4) As members of the American community, we recognize American citizenship as a basic good. In recent years, there has been a cheapening of citizenship, not merely in the widespread theft of it by foreign illegals, but in the notion and reality of what it is. Citizenship is, of course, belonging to a particular geography. More importantly, however, it is belonging to a particular history, form of government, set of values, economic situation, etc.

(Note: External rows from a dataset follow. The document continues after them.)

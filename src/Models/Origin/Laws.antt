-- ===== src/Models/Origin/Laws.antt =====
-- What holds of every origin and of all limits that are accepted.
use nighwatch.Common.{
  ℕ, zero, suc, ◌≤◌, ◌<◌, String, false, not, Option, none, some, List, [], ◌∷◌, ◌≡◌, ◌≢◌, ◌⊎◌,
  refl, arith, All, ok, bind_ok, raise_if_ok, Bool-cases, inl, inr, eqb, ltb, contains,
  Option-cases, Result-cases, sym, ◌<>◌, eq_iff,
}
use nighwatch.Python.Int.{ℤ, pos, negsuc}
use nighwatch.Python.Json.{Json, null, bool, int, float, str, arr, tup, obj, nil, item, Fields}
use nighwatch.Python.Runtime.{Runtime}
use nighwatch.Models.Config.{ScopeOrigin}
use nighwatch.Models.FromDict.{
  config, get, texts_or, within, int_or, float_or, text_or_empty, dict_or_empty,
}
use nighwatch.Models.FromDict.Laws.{within_bounds}
use nighwatch.Models.Host.{normalize_host}
use nighwatch.Models.Policy.{RateLimits}
use nighwatch.Models.Origin.{
  add_nat, sort_nats, in_port_range, host_of, method_set, is_empty_list, port_numbers, ports_from,
  origin_from_fields, origin_from_dict, positive, limits_from_dict, invalid_limit,
}

-- Ascending without repetition.
abbrev pub IsAscending : List ℕ → Type 0
IsAscending [] = Unit
IsAscending (n ∷ []) = Unit
IsAscending (n ∷ m ∷ ms) = (n < m) × IsAscending (m ∷ ms)

add_nat_head :
    (n m : ℕ) (ms : List ℕ)
    → m < n
    → IsAscending (m ∷ ms)
    → IsAscending (add_nat n ms)
    → IsAscending (m ∷ add_nat n ms)
unfolding add_nat
add_nat_head n m [] lt h k = (lt, tt)
add_nat_head n m (j ∷ ms) lt h k = ground (arith, h, k)

IsAscending-tail : (m : ℕ) (ms : List ℕ) → IsAscending (m ∷ ms) → IsAscending ms
IsAscending-tail m [] h = tt
IsAscending-tail m (n ∷ ms) h = h.1

add_nat-IsAscending : (n : ℕ) (ms : List ℕ) → IsAscending ms → IsAscending (add_nat n ms)
unfolding add_nat
add_nat-IsAscending n [] h = tt
add_nat-IsAscending n (m ∷ ms) h = elim (Bool-cases (eqb n m)) [
  | inl same ↦ rw same h
  | inr other ↦ elim (Bool-cases (ltb n m)) [
    | inl less ↦ rw (other, less) (ground (arith, less), h)
    | inr more ↦
        rw (other, more)
          (add_nat_head n m ms (ground (arith, other, more)) h
            (add_nat-IsAscending n ms (IsAscending-tail m ms h)))
  ]
]

abbrev pub IsPort : ℕ → Type 0
IsPort n = (1 ≤ n) × (n ≤ 65535)

add_nat-All :
    (P : ℕ → Type 0) (n : ℕ) (ms : List ℕ)
    → P n
    → All P ms
    → All P (add_nat n ms) × (add_nat n ms ≢ [])
unfolding add_nat
add_nat-All P n [] p h = ((p, tt), λ e. ground (arith, e))
add_nat-All P n (m ∷ ms) p h = elim (Bool-cases (eqb n m)) [
  | inl same ↦ rw same (h, λ e. ground (arith, e))
  | inr other ↦ elim (Bool-cases (ltb n m)) [
    | inl less ↦ rw (other, less) ((p, h), λ e. ground (arith, e))
    | inr more ↦ rw (other, more) ((h.0, (add_nat-All P n ms p h.1).0), λ e. ground (arith, e))
  ]
]

in_port_range-IsPort :
    (ns : List ℤ) (ms : List ℕ)
    → in_port_range ns ≡ some ms
    → All IsPort ms × ((ms ≡ []) → (ns ≡ []))
unfolding in_port_range
in_port_range-IsPort [] ms e =
    let same : [] ≡ ms = ground (arith, e) in (rw (sym same) tt, λ h. refl)
in_port_range-IsPort (n ∷ ns) ms e = elim (Option-cases (within 65535 n)) [
  | inl p ↦ ground (arith, e, p)
  | inr (m, p) ↦ elim (Option-cases (in_port_range ns)) [
    | inl q ↦ ground (arith, e, p, q)
    | inr (rest, q) ↦
        let same : m ∷ rest ≡ ms = ground (arith, e, p, q) in
        let all = (in_port_range-IsPort ns rest q).0 in
        (rw (sym same) (within_bounds 65535 m n p, all), λ h. ground (arith, same, h))
  ]
]

sort_nats_keeps :
    (P : ℕ → Type 0) (ns : List ℕ) → All P ns → All P (sort_nats ns) × IsAscending (sort_nats ns)
unfolding sort_nats
sort_nats_keeps P [] h = (tt, tt)
sort_nats_keeps P (n ∷ ns) h =
    let (all, ascending) = sort_nats_keeps P ns h.1 in
    ((add_nat-All P n (sort_nats ns) h.0 all).0, add_nat-IsAscending n (sort_nats ns) ascending)

sort_nats_some : (ns : List ℕ) → ns ≢ [] → sort_nats ns ≢ []
unfolding sort_nats
sort_nats_some [] h = absurd (h refl)
sort_nats_some (n ∷ ns) h = (add_nat-All (λ m. Unit) n (sort_nats ns) tt (units (sort_nats ns))).1
  where
    units : (ms : List ℕ) → All (λ m. Unit {0}) ms
    units [] = tt
    units (m ∷ ms) = (tt, units ms)

-- A list of ports as it is kept.
abbrev pub IsPorts : List ℕ → Type 0
IsPorts ms = All IsPort ms × IsAscending ms × (ms ≢ [])

module _ (R : Runtime) where
  ports_from-IsPorts :
      (host : String) (v : Option (Json R.Float)) (ms : List ℕ)
      → ports_from R host v ≡ ok ms
      → IsPorts ms
  unfolding ports_from port_numbers
  ports_from-IsPorts host none ms e = ground (arith, e)
  ports_from-IsPorts host (some null) ms e = ground (arith, e)
  ports_from-IsPorts host (some (bool b)) ms e = ground (arith, e)
  ports_from-IsPorts host (some (int n)) ms e = ground (arith, e)
  ports_from-IsPorts host (some (float x)) ms e = ground (arith, e)
  ports_from-IsPorts host (some (str s)) ms e = ground (arith, e)
  ports_from-IsPorts host (some (obj fs)) ms e = ground (arith, e)
  ports_from-IsPorts host (some (arr nil)) ms e = ground (arith, e)
  ports_from-IsPorts host (some (tup vs)) ms e = ground (arith, e)
  ports_from-IsPorts host (some (arr (item v vs))) ms e =
      let (ns, p, e1) =
        bind_ok (port_numbers R ("invalid ports for " <> host) (item v vs)) _ ms e in
      let (n, q, p1) = bind_ok (int_or R ("invalid ports for " <> host) 0 (some v)) _ ns p in
      let (rest, t, p2) = bind_ok (port_numbers R ("invalid ports for " <> host) vs) _ ns p1 in
      elim (Option-cases (in_port_range ns)) [
        | inl u ↦ ground (arith, e1, u)
        | inr (kept, u) ↦
            let same : sort_nats kept ≡ ms = ground (arith, e1, u) in
            let (all, some_port) = in_port_range-IsPort ns kept u in
            let (sorted, ascending) = sort_nats_keeps IsPort kept all in
            let good : IsPorts (sort_nats kept) =
              (sorted, ascending, sort_nats_some kept (λ h. ground (arith, some_port h, p2))) in
            rw same at good
      ]

  -- An origin as it is kept.
  pub record IsOrigin (o : ScopeOrigin) : Type 0 where
    pub given : String
    pub web : (o.scheme ≡ "http") ⊎ (o.scheme ≡ "https")
    pub normal_host : normalize_host R given ≡ ok o.host
    pub good_ports : IsPorts o.ports
    pub some_method : o.methods ≢ []

  origin_from_fields-IsOrigin :
      (raw : Fields R.Float) (o : ScopeOrigin) → origin_from_fields R raw ≡ ok o → IsOrigin o
  unfolding origin_from_fields contains
  origin_from_fields-IsOrigin raw o e =
      let scheme = R.lower (text_or_empty R (get raw "scheme")) in
      let given = text_or_empty R (get raw "host") in
      let (web, e1) =
        raise_if_ok (not (contains ("http" ∷ "https" ∷ []) scheme))
          (config "allowed origin scheme must be http or https") _ o e in
      let (host, p, e2) = bind_ok (host_of R given) _ o e1 in
      let (ports, q, e3) = bind_ok (ports_from R host (get raw "ports")) _ o e2 in
      let (prefixes, r, e4) =
        bind_ok
          (texts_or ("path_prefixes for " <> host <> " must be a list of strings") ("/" ∷ [])
            (get raw "path_prefixes"))
          _ o e3 in
      let (methods, s, e5) =
        bind_ok
          (texts_or ("methods for " <> host <> " must be a list of strings") ("GET" ∷ [])
            (get raw "methods"))
          _ o e4 in
      let (some_method, e6) =
        raise_if_ok (is_empty_list (method_set R methods))
          (config ("methods for " <> host <> " cannot be empty")) _ o e5 in
      record {
        given = given;
        web = ground (arith, web, e6, eq_iff "http" scheme, eq_iff "https" scheme);
        normal_host = elim (Result-cases (normalize_host R given)) [
          | inl (h, t) ↦ ground (arith, t, p, e6)
          | inr (message, t) ↦ ground (arith, t, p)
        ];
        good_ports =
            let same : ports ≡ o.ports = ground (arith, e6) in
            rw same at (ports_from-IsPorts host (get raw "ports") ports q);
        some_method = λ h. ground (arith, some_method, e6, h);
      }

  -- An accepted origin has scheme http or https, a normalised host, at least one port, all between 1
  -- and 65535 and ascending, and at least one method.
  pub origin_from_dict-IsOrigin :
      (v : Json R.Float) (o : ScopeOrigin) → origin_from_dict R v ≡ ok o → IsOrigin o
  unfolding origin_from_dict
  origin_from_dict-IsOrigin (obj fs) o e = origin_from_fields-IsOrigin fs o e
  origin_from_dict-IsOrigin v o e = ground (arith, e)

  -- Limits as they are kept.
  abbrev pub IsLimits : RateLimits R → Type 0
  IsLimits l =
      (R.float_le l.requests_per_second (R.float 0) ≡ false)
      × (1 ≤ l.max_requests)
      × (1 ≤ l.max_concurrent_requests)
      × (R.float_lt l.max_cost_usd (R.float 0) ≡ false)

  positive_ok : (message : String) (n : ℤ) (m : ℕ) → positive message n ≡ ok m → 1 ≤ m
  unfolding positive
  positive_ok message (pos zero) m e = ground (arith, e)
  positive_ok message (pos (suc n)) m e = ground (arith, e)
  positive_ok message (negsuc n) m e = ground (arith, e)

  pub limits_from_dict-IsLimits :
      (v : Json R.Float) (l : RateLimits R) → limits_from_dict R v ≡ ok l → IsLimits l
  unfolding limits_from_dict
  limits_from_dict-IsLimits v l e =
      let (raw, p0, e0) = bind_ok (dict_or_empty R v) _ l e in
      let (rate, p1, e1) =
        bind_ok (float_or R invalid_limit (R.float 1) (get raw "requests_per_second")) _ l e0 in
      let (requests, p2, e2) =
        bind_ok (int_or R invalid_limit 100 (get raw "max_requests")) _ l e1 in
      let (concurrent, p3, e3) =
        bind_ok (int_or R invalid_limit 1 (get raw "max_concurrent_requests")) _ l e2 in
      let (cost, p4, e4) =
        bind_ok (float_or R invalid_limit (R.float 1) (get raw "max_cost_usd")) _ l e3 in
      let (some_rate, e5) =
        raise_if_ok (R.float_le rate (R.float 0))
          (config "requests_per_second must be greater than zero") _ l e4 in
      let (max_requests, p6, e6) =
        bind_ok (positive "max_requests must be greater than zero" requests) _ l e5 in
      let (max_concurrent, p7, e7) =
        bind_ok (positive "max_concurrent_requests must be greater than zero" concurrent) _ l e6 in
      let (some_cost, e8) =
        raise_if_ok (R.float_lt cost (R.float 0)) (config "max_cost_usd cannot be negative") _ l
          e7 in
      (
        ground (arith, some_rate, e8),
        ground (arith, positive_ok _ requests max_requests p6, e8),
        ground (arith, positive_ok _ concurrent max_concurrent p7, e8),
        ground (arith, some_cost, e8),
      )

An American citizen is self-governing both locally and nationally, both personally and communally; he values the virtues of freedom, self-reliance, friendship, hard-work, gun-ownership, the right openly and viciously to criticize his government; he is aware of the origin of his country, its heroes and the appropriateness of trying to model them; he is also aware of its darkest moments and periods, and knows the policies and persons who most damaged its integrity and so can actively guard against such policies and persons in his own day. Most importantly, an American citizen shares these values, practices and awarenesses with other citizens and therein lies his bond with them, his love for them, and his willingness to sacrifice for them.

It is only in this definitional context can we understand the true intent of multiculturalism and its supplier: illegal immigration. Mass immigration was not only an attempt to import a cheaper labor force, or a new Democratic base, or an indigent and therefore compliant population, or any of the other retail theories of pundits and analysts. It was more properly an attempt to import a different history, a different set of values, a different form of government, and therefore to destroy, in whole or part, the American community.

It was an attempt to destroy citizenship and the possibility of feeling neighborly, or loyal, or self-sacrificial respecting your fellows. Why? Because limited government or any semblance thereof, as well as any population who values a limited government, poses a repugnant danger to those who seek to make the state–and their own power as its stewards–total. The elites never intended to adopt the values of their new subjects; they merely intended to foment a crisis of values and national coherence in order to justify a total state.

A population which does not value together, sacrifice for each other, protect each other, know and love the same stories, despise the same villains, admire the same heroes will instead hate each other, prey on each other, vandalize each other’s homes, cars, and houses of worship, and come up with histories which villainize each other while valorizing themselves: nation shall rise against nation, sister against mother, son-in-law against father-in-law.

Mass illegal immigration was supposed to be the apocalypse which called forth the total state under the guise of savior, rather than oppressor. After all, it is only a state which is big enough to control all human activities and invasive enough to supervise your thoughts which can prevent a population of enemies from engaging in constant warfare.

It is perhaps the peculiar privilege of the American citizen that his citizenship requires him to be a Christian in practice to be an American in practice, for it was Christ who established a community of friends, not on the basis of sex, or race, or color, or class, but on love and loyalty to the best good. It was Christ who told them: love one another. It was Christ who said: No greater love hath a man than to lay down his life for his friends.

If I could identify the textual basis of American citizenship, the moment when it was established, I might recognize the final line of the Declaration of Independence, which demands that “greater love” of all Americans for each other: “For the support of this Declaration, with a firm reliance on the protection of divine Providence, we mutually pledge to each other our Lives, our Fortunes and our sacred Honor.”